┏━━
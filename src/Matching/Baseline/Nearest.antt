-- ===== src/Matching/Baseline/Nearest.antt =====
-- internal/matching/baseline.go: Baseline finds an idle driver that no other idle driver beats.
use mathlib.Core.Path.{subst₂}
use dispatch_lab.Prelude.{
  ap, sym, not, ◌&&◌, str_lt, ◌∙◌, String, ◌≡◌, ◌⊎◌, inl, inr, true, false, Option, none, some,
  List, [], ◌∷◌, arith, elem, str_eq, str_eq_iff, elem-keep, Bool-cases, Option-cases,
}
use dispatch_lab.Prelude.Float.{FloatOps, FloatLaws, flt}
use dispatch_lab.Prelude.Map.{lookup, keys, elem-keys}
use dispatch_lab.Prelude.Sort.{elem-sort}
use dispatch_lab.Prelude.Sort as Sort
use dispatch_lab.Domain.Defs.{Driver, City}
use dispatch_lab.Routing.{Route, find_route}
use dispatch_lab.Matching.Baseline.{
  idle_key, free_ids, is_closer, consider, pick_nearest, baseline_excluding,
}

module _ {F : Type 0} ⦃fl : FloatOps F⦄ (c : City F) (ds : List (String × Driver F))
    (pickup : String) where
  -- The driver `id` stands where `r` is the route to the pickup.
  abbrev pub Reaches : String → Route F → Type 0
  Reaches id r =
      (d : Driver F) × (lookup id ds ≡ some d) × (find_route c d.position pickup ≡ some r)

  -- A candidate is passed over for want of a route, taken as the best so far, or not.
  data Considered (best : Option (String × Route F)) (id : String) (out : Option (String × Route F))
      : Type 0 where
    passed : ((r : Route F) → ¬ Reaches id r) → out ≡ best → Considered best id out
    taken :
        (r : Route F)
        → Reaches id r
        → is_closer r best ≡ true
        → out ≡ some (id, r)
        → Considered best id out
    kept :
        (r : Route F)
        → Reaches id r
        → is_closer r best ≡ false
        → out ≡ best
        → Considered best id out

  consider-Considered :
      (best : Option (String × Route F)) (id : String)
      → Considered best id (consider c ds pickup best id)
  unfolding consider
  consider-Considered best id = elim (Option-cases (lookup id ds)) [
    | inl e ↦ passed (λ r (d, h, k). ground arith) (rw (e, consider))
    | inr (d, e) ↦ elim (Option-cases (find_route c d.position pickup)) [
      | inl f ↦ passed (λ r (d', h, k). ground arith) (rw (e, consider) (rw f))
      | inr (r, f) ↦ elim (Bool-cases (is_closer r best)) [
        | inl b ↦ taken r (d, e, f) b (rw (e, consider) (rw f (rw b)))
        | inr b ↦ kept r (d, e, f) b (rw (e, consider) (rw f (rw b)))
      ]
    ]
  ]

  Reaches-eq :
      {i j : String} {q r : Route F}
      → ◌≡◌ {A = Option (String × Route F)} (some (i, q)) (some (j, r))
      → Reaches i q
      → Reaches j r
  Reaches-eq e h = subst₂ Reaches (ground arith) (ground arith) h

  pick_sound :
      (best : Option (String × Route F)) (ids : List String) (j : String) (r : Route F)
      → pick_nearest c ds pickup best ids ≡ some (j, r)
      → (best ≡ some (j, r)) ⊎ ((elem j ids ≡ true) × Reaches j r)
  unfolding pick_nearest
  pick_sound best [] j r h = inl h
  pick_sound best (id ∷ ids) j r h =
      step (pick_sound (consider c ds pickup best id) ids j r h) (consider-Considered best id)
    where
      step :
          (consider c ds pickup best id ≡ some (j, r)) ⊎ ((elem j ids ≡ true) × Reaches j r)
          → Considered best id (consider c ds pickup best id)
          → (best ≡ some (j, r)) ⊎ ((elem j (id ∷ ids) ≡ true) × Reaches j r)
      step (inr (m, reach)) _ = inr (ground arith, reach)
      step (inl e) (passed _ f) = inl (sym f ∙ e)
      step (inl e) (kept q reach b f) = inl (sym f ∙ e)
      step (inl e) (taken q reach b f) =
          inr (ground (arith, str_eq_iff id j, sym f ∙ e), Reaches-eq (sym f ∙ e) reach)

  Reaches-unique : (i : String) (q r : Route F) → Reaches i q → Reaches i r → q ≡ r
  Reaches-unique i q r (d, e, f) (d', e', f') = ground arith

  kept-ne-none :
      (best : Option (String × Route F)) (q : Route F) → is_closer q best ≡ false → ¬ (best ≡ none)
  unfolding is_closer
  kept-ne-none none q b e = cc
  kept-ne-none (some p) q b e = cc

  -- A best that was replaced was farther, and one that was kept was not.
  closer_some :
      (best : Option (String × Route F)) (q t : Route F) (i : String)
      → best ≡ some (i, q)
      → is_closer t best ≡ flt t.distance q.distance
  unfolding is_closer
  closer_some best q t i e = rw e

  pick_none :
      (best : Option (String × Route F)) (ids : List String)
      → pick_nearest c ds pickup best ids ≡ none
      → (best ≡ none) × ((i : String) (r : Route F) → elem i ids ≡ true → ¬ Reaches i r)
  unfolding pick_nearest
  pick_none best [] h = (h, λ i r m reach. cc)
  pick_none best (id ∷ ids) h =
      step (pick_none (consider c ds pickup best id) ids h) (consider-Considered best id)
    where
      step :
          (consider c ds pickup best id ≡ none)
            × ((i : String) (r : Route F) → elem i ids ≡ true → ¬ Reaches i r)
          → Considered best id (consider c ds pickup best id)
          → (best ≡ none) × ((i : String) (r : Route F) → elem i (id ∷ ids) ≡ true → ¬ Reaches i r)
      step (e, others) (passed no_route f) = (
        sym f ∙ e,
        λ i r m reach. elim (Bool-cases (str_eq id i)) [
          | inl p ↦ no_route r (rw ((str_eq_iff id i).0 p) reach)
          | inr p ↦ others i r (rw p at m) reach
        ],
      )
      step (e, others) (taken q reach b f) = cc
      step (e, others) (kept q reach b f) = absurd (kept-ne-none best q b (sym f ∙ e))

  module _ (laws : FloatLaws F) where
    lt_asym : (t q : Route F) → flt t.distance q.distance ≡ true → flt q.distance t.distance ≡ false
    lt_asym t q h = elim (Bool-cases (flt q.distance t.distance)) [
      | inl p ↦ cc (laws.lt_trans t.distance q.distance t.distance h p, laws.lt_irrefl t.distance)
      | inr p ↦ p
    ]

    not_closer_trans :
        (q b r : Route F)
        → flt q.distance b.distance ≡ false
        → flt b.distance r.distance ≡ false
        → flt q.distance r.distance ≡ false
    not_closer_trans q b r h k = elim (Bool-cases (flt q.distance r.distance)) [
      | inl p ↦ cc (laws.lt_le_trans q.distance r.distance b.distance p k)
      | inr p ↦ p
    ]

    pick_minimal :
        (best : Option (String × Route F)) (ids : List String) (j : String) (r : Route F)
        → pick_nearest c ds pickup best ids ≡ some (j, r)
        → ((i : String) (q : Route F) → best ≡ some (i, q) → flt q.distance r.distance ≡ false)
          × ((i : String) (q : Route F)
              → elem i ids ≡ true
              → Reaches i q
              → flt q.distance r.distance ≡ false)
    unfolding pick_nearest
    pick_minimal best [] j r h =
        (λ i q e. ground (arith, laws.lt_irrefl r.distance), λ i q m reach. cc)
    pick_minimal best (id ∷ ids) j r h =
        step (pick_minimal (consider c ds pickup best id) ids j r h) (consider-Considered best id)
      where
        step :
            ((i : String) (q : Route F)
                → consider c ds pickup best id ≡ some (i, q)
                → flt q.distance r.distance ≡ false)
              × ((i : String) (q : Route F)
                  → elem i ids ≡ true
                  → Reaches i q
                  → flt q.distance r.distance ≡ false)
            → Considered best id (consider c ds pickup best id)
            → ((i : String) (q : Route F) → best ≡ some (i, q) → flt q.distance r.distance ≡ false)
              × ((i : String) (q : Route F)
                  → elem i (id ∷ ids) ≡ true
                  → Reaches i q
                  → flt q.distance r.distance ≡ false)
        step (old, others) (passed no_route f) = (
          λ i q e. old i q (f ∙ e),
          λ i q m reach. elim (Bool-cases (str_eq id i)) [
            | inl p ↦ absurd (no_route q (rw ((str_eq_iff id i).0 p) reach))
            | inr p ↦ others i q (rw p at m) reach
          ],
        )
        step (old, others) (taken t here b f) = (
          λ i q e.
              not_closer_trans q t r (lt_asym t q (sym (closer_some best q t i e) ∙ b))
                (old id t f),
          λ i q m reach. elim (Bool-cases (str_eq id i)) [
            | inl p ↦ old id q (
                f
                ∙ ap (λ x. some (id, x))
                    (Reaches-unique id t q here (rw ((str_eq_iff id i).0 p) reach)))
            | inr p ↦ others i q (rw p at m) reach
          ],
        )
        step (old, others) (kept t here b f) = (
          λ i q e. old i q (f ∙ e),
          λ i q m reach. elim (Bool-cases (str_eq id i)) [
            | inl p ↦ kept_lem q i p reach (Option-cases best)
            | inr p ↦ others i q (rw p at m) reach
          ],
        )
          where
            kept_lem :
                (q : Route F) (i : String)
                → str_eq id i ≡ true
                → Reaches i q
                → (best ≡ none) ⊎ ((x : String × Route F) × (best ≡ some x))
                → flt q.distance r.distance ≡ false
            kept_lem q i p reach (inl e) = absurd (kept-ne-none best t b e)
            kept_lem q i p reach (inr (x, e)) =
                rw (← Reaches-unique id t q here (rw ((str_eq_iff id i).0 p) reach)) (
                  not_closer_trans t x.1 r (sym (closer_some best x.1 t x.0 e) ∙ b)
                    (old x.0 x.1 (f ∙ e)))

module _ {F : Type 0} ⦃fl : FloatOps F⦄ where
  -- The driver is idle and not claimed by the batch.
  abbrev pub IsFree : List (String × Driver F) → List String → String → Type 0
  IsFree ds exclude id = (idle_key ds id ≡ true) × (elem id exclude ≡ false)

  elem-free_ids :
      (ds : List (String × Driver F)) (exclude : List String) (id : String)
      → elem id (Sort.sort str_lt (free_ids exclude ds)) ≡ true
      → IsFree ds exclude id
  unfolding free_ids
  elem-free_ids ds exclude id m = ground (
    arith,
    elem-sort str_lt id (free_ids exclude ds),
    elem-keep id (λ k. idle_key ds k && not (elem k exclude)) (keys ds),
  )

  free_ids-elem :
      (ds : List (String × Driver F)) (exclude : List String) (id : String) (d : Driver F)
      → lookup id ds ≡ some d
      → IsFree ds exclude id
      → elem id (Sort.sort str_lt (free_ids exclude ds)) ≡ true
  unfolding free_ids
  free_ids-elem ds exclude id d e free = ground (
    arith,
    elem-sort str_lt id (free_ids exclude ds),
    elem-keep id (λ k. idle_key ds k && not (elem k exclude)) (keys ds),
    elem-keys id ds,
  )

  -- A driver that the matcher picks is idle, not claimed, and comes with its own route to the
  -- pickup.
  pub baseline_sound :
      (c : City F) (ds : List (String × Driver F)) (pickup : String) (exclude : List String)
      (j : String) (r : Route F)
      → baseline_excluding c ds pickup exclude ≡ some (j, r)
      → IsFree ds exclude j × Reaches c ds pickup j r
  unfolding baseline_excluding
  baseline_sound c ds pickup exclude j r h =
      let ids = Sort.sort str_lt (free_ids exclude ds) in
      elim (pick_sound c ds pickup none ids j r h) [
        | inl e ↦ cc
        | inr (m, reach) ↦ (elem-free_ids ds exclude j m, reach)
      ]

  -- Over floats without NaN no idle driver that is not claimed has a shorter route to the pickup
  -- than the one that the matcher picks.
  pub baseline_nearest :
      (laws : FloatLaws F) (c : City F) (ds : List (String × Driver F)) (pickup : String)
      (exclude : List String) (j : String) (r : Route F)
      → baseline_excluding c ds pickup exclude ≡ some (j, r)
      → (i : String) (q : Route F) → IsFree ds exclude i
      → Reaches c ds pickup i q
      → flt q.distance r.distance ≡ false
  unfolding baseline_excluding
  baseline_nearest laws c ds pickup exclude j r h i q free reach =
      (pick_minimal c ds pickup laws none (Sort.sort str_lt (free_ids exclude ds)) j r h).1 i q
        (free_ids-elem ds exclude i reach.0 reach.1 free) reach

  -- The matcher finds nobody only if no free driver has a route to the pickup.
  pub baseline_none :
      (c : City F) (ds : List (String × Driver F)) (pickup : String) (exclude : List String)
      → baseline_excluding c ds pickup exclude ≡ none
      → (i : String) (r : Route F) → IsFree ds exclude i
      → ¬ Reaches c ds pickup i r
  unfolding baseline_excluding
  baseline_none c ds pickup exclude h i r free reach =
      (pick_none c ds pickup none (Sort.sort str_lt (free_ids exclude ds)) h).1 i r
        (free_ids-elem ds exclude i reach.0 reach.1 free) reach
┗━━
Out of the data above, set down the lines from the one with "r best ≡ false" to the one with "consider-Considered best id = elim", both included, exactly as written and with no additions.

Answer:
        → is_closer r best ≡ false
        → out ≡ best
        → Considered best id out

  consider-Considered :
      (best : Option (String × Route F)) (id : String)
      → Considered best id (consider c ds pickup best id)
  unfolding consider
  consider-Considered best id = elim (Option-cases (lookup id ds)) [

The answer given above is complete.